(Collected data entries)

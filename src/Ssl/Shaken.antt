-- ===== src/Ssl/Shaken.antt =====
-- The handshake of SSL::Client: the flags hold through every event.
use cxx_server.Common.{
  ℕ, ◌≡◌, refl, Bool, true, false, if_rule, List, [], ◌∷◌, Option, none, some, arith,
}
use cxx_server.Asio.{ErrorCode, Executor}
use cxx_server.Client.{Client, err, try_receive, call, on_handshaked, new}
use cxx_server.Client.Handlers.{tell_empty}
use cxx_server.Client.System.{fits}
use cxx_server.Ssl.Client.{
  SslClient, new_ssl, virtuals, handshake_handler, Event, call_connect, call_connect_async,
  call_disconnect, call_receive, run_posted, call_disconnect_async, call_send, connect_done,
  handshake_done, shutdown_done, read_done, write_done, end_handshake, end_shutdown, ssl_step,
  ssl_run,
}
use cxx_server.Ssl.Keeps.{
  Keeps, Keeps-trans, tell_empty-Keeps, err-Keeps, try_receive-Keeps, shut_down-Keeps,
  send_async-Keeps, end_read-Keeps, end_write-Keeps,
}
use cxx_server.Ssl.Flags.{
  Flags, client-Flags, ssl_disconnect-Flags, ssl_disconnect_async-Flags, ssl_connect-Flags,
  ssl_connect_async-Flags, run_first-Flags, end_connect-Flags, shaken-Flags,
}

-- The handshake that was outstanding is no longer.
answered-Flags :
    (x : Executor) (rest : List Executor) (s : SslClient)
    → s.handshakes ≡ x ∷ rest
    → Flags s
    → Flags (record s { handshaking = false; handshakes = rest })
answered-Flags x rest s q i = ground arith

answered_connected :
    (x : Executor) (rest : List Executor) (s : SslClient)
    → s.handshakes ≡ x ∷ rest
    → Flags s
    → (s.client.connected ≡ true) × (s.handshaked ≡ false)
answered_connected x rest s q i = ground arith

called-Keeps : (c : Client) → Keeps c (call on_handshaked c)
called-Keeps c = ground arith

begun-Keeps :
    (s : SslClient) (c : Client)
    → Keeps c (tell_empty (try_receive (virtuals s) (call on_handshaked c)))
begun-Keeps s c =
    let d : Client = call on_handshaked c in
    let f : Client = try_receive (virtuals s) d in
    Keeps-trans c d (tell_empty f) (called-Keeps c)
      (Keeps-trans d f (tell_empty f) (try_receive-Keeps (virtuals s) d) (tell_empty-Keeps f))

handshake_handler-Flags :
    (e : Option ErrorCode) (s : SslClient)
    → s.client.connected ≡ true
    → Flags (record s { handshaking = false })
    → Flags (handshake_handler e s)
unfolding handshake_handler
handshake_handler-Flags none s c i =
    let t : SslClient = record s { handshaking = false } in
    let ready : SslClient = record t { handshaked = true } in
    if_rule Flags t.handshaked _ _ (λ done. i)
      (λ yet. client-Flags ready _ (begun-Keeps ready t.client) (shaken-Flags t c refl i))
handshake_handler-Flags (some e) s c i =
    let t : SslClient = record s { handshaking = false } in
    if_rule Flags t.handshaked _ _ (λ done. i)
      (λ yet.
        ssl_disconnect_async-Flags true true (record t { client = err (virtuals t) e t.client })
          (client-Flags t _ (err-Keeps (virtuals t) e t.client) i))

end_handshake-Flags :
    (e : Option ErrorCode) (xs : List Executor) (s : SslClient)
    → s.handshakes ≡ xs
    → Flags s
    → Flags (end_handshake e xs s)
unfolding end_handshake
end_handshake-Flags e [] s q i = i
end_handshake-Flags e (x ∷ rest) s q i =
    handshake_handler-Flags e (record s { handshakes = rest }) (answered_connected x rest s q i).0
      (answered-Flags x rest s q i)

stopped-Flags :
    (xs : List Executor) (s : SslClient)
    → Flags s
    → Flags (record s { client = record s.client { shutdowns = xs } })
stopped-Flags xs s i = ground arith

end_shutdown-Flags : (xs : List Executor) (s : SslClient) → Flags s → Flags (end_shutdown xs s)
unfolding end_shutdown
end_shutdown-Flags [] s i = i
end_shutdown-Flags (x ∷ rest) s i = ssl_disconnect-Flags _ (stopped-Flags rest s i)

ssl_step-Flags : (ev : Event) (s : SslClient) → Flags s → Flags (ssl_step ev s)
unfolding ssl_step
ssl_step-Flags (call_connect e space shaken) s i = ssl_connect-Flags e space shaken s i
ssl_step-Flags call_connect_async s i = ssl_connect_async-Flags s i
ssl_step-Flags call_disconnect s i = ssl_disconnect-Flags s i
ssl_step-Flags (call_disconnect_async inside) s i = ssl_disconnect_async-Flags false inside s i
ssl_step-Flags (call_send inside buffer) s i =
    if_rule Flags (fits buffer s.client) _ _
      (λ room. client-Flags s _ (send_async-Keeps (virtuals s) inside buffer s.client) i)
      (λ full. i)
ssl_step-Flags call_receive s i = client-Flags s _ (try_receive-Keeps (virtuals s) s.client) i
ssl_step-Flags run_posted s i = run_first-Flags s.client.posted s i
ssl_step-Flags (connect_done e space) s i = end_connect-Flags e space s.client.connects s refl i
ssl_step-Flags (handshake_done e) s i = end_handshake-Flags e s.handshakes s refl i
ssl_step-Flags shutdown_done s i = end_shutdown-Flags s.client.shutdowns s i
ssl_step-Flags (read_done e bytes) s i =
    client-Flags s _
      (end_read-Keeps (virtuals s) (shut_down-Keeps s.handshaking) e bytes s.client.reads s.client)
      i
ssl_step-Flags (write_done e n) s i =
    client-Flags s _
      (end_write-Keeps (virtuals s) (shut_down-Keeps s.handshaking) e n s.client.writes s.client) i

-- Through every sequence of events of an SSL client: it is connected whenever it is handshaking or
-- handshaked, never both of these, and never while it is connecting; one `async_connect` is outstanding exactly
-- while it is connecting, and one `async_handshake` exactly while it is handshaking.
pub ssl_run-Flags : (evs : List Event) (s : SslClient) → Flags s → Flags (ssl_run evs s)
unfolding ssl_run
ssl_run-Flags [] s i = i
ssl_run-Flags (ev ∷ evs) s i = ssl_run-Flags evs (ssl_step ev s) (ssl_step-Flags ev s i)

pub new_ssl-Flags :
    (id : ℕ) (needed : Bool) (addr : List ℕ) (port : ℕ) → Flags (new_ssl id needed addr port)
unfolding new_ssl new
new_ssl-Flags id needed addr port = ground arith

## Task to carry out
Say how many lines of the data above include the word "called", and add nothing further.

## Output
3